Overall, the wild life of the Persian Gulf is endangered from both global factors, and regional, local negligence. Most pollution is from ships; land generated pollution counts as the second most common source of pollution.
Along the mediterranean regions of the Arabian Sea, including the Persian Gulf, the Red Sea, the Gulf of Kutch, the Gulf of Suez, the Gulf of Aqaba, the Gulf of Aden, and the Gulf of Oman, dolphins and finless porpoises are the most common marine mammals in the waters, while larger whales and orcas are rarer today. Historically, whales had been abundant in the Persian gulf before commercial hunts wiped them out. Whales were reduced even further by illegal mass hunts by the Soviet Union and Japan in the 1960s and 1970s. Along with Bryde's whales, these once common residents can still can be seen in deeper marginal seas such as Gulf of Aden, Israel coasts, and in the Strait of Hormuz. Other species such as the critically endangered Arabian humpback whale, (also historically common in Gulf of Aden and increasingly sighted in the Red Sea since 2006, including in the Gulf of Aqaba), omura's whale, minke whale, and orca also swim into the Persian gulf, while many other large species such as blue whale, sei, and sperm whales were once migrants into the Gulf of Oman and off the coasts in deeper waters, and still migrate into the Red Sea, but mainly in deeper waters of outer seas. In 2017, waters of the Persian Gulf along Abu Dhabi were revealed to hold the world's largest population of Indo-Pacific humpbacked dolphins.
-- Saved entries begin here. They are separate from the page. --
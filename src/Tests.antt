-- ===== src/Tests.antt =====
-- A small service in use: concrete inputs at which the theorems apply.
mod World
mod Spending
mod Purchases
mod Viewing
mod Media
mod Activity
mod Registry
mod Provider
mod Ledger
mod Keys
mod Editing
mod Uploads
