-- ===== src/Wallet/Activity.antt =====
-- backend/apps/wallet/activity.py: the account's own view of its ledger.
pub mod Laws
use shortform_streaming.Prelude.{
  ℕ, String, Bool, false, ◌&&◌, ◌||◌, Option, none, some, List, [], ◌∷◌, map, if◌then◌else◌, find,
  select, take, length, sort_by, ltb, ◌==◌, is_just,
}
use shortform_streaming.Prelude.Int.{ℤ, pos, neg_ℕ, ◌+ℤ◌, ltb_ℤ}
use shortform_streaming.Model.{
  Kind, CoinLedgerEntry, CoinUnlock, Settings, UserProfile, Store, max_entry_coins,
  max_balance_coins,
}
use shortform_streaming.Catalog.Episodes.{episode_is_eligible, lock_episode_by_public_id}
use shortform_streaming.Wallet.Ledger.{wallet_of}

abbrev pub max_activity_entries : ℕ
max_activity_entries = 20

-- A ledger row with the balance after it.
pub record Annotated : Type 0 where
  pub row : CoinLedgerEntry
  pub balance_after : ℤ

-- `WalletActivityEntry`
pub record WalletActivityEntry : Type 0 where
  pub id : ℕ
  pub kind : Kind
  pub amount : ℤ
  pub balance_after : ℤ
  pub created_at : ℕ
  pub episode_id : Option ℕ
  pub episode_title : Option String

-- `order_by("created_at", "id")`
abbrev pub is_older : CoinLedgerEntry → CoinLedgerEntry → Bool
is_older a b = ltb a.created_at b.created_at || (a.created_at == b.created_at && ltb a.pk b.pk)

unfoldable pub ledger_rows : Store → ℕ → List CoinLedgerEntry
unfolding sort_by
ledger_rows db w = sort_by is_older (select (λ e. e.wallet == w) db.entries)

unfoldable pub outside_public_range : ℤ → ℤ → Bool
outside_public_range running amount =
    ltb_ℤ running (pos 0)
    || ltb_ℤ (pos max_balance_coins) running
    || ltb_ℤ amount (neg_ℕ max_entry_coins)
    || ltb_ℤ (pos max_entry_coins) amount

-- The loop over the rows; `done` lists the annotated rows newest first. `none` is the ValueError.
unfoldable pub annotate : ℤ → List Annotated → List CoinLedgerEntry → Option (List Annotated)
unfolding outside_public_range
annotate running done [] = some done
annotate running done (row ∷ rows) =
    let balance_after = running +ℤ row.amount in
    let rest =
      annotate balance_after (record { row = row; balance_after = balance_after } ∷ done) rows in
    if outside_public_range balance_after row.amount then none else rest

-- `unlock_receipt` of a row
unfoldable pub unlock_receipt : Store → CoinLedgerEntry → Option CoinUnlock
unlock_receipt db row = find (λ u. is_just row.pk u.ledger_entry) db.unlocks

-- `_eligible_titles`, for one public id
unfoldable pub eligible_title : Settings → Store → ℕ → ℕ → Option String
eligible_title settings db now public_id = elim (lock_episode_by_public_id db public_id) [
  | none ↦ none
  | some e ↦ if episode_is_eligible settings db now e then some e.title else none
]

-- What a row tells of its episode: its id and its title.
unfoldable pub named_episode : Settings → Store → ℕ → CoinLedgerEntry → Option (ℕ × String)
unfolding unlock_receipt eligible_title
named_episode settings db now row = elim (unlock_receipt db row) [
  | none ↦ none
  | some u ↦ elim (eligible_title settings db now u.episode_public_id) [
    | none ↦ none
    | some title ↦ some (u.episode_public_id, title)
  ]
]

-- `_entry`
unfoldable pub activity_entry : Settings → Store → ℕ → Annotated → WalletActivityEntry
unfolding named_episode
activity_entry settings db now a = record {
  id = a.row.reference;
  kind = a.row.kind;
  amount = a.row.amount;
  balance_after = a.balance_after;
  created_at = a.row.created_at;
  episode_id = elim (named_episode settings db now a.row) [ none ↦ none | some x ↦ some x.0 ];
  episode_title = elim (named_episode settings db now a.row) [ none ↦ none | some x ↦ some x.1 ];
}

-- The last rows, newest first, and whether there are more.
abbrev pub activity_page : Settings → Store → ℕ → List Annotated → List WalletActivityEntry × Bool
activity_page settings db now annotated = (
  map (activity_entry settings db now) (take max_activity_entries annotated),
  ltb max_activity_entries (length annotated),
)

-- `now` is the clock of `_eligible_titles`.
unfoldable pub list_wallet_activity :
    Settings → Store → ℕ → UserProfile → Option (List WalletActivityEntry × Bool)
unfolding annotate ledger_rows activity_entry
list_wallet_activity settings db now profile = elim (wallet_of profile db) [
  | none ↦ some ([], false)
  | some w ↦ elim (annotate (pos 0) [] (ledger_rows db w.pk)) [
    | none ↦ none
    | some annotated ↦ some (activity_page settings db now annotated)
  ]
]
One of the more unusual marine mammals living in the Persian Gulf is the dugong (Dugong dugon). Also called "sea cows", for their grazing habits and mild manner resembling livestock, dugongs have a life expectancy similar to that of humans and they can grow up to 3 metres (9.8 feet) in length. These gentle mammals feed on sea grass and are closer relatives of certain land mammals than are dolphins and whales. Their simple grass diet is negatively affected by new developments along the Persian Gulf coastline, particularly the construction of artificial islands by Arab states and pollution from oil spills caused during the "Persian Gulf war" and various other natural and artificial causes. Uncontrolled hunting has also had a negative impact on the survival of dugongs. After Australian waters, which are estimated to contain some 80,000 dugong inhabitants, the waters off Qatar, Bahrain, UAE, and Saudi Arabia make the Persian Gulf the second most important habitat for the species, hosting some 7,500 remaining dugongs. However, the current number of dugongs is dwindling and it is not clear how many are currently alive or what their reproductive trend is. Unfortunately, ambitious and uncalculated construction schemes, political unrest, ever-present international conflict, the most lucrative world supply of oil, and the lack of cooperation between Arab states and Iran, have had a negative impact on the survival of many marine species, including dugongs.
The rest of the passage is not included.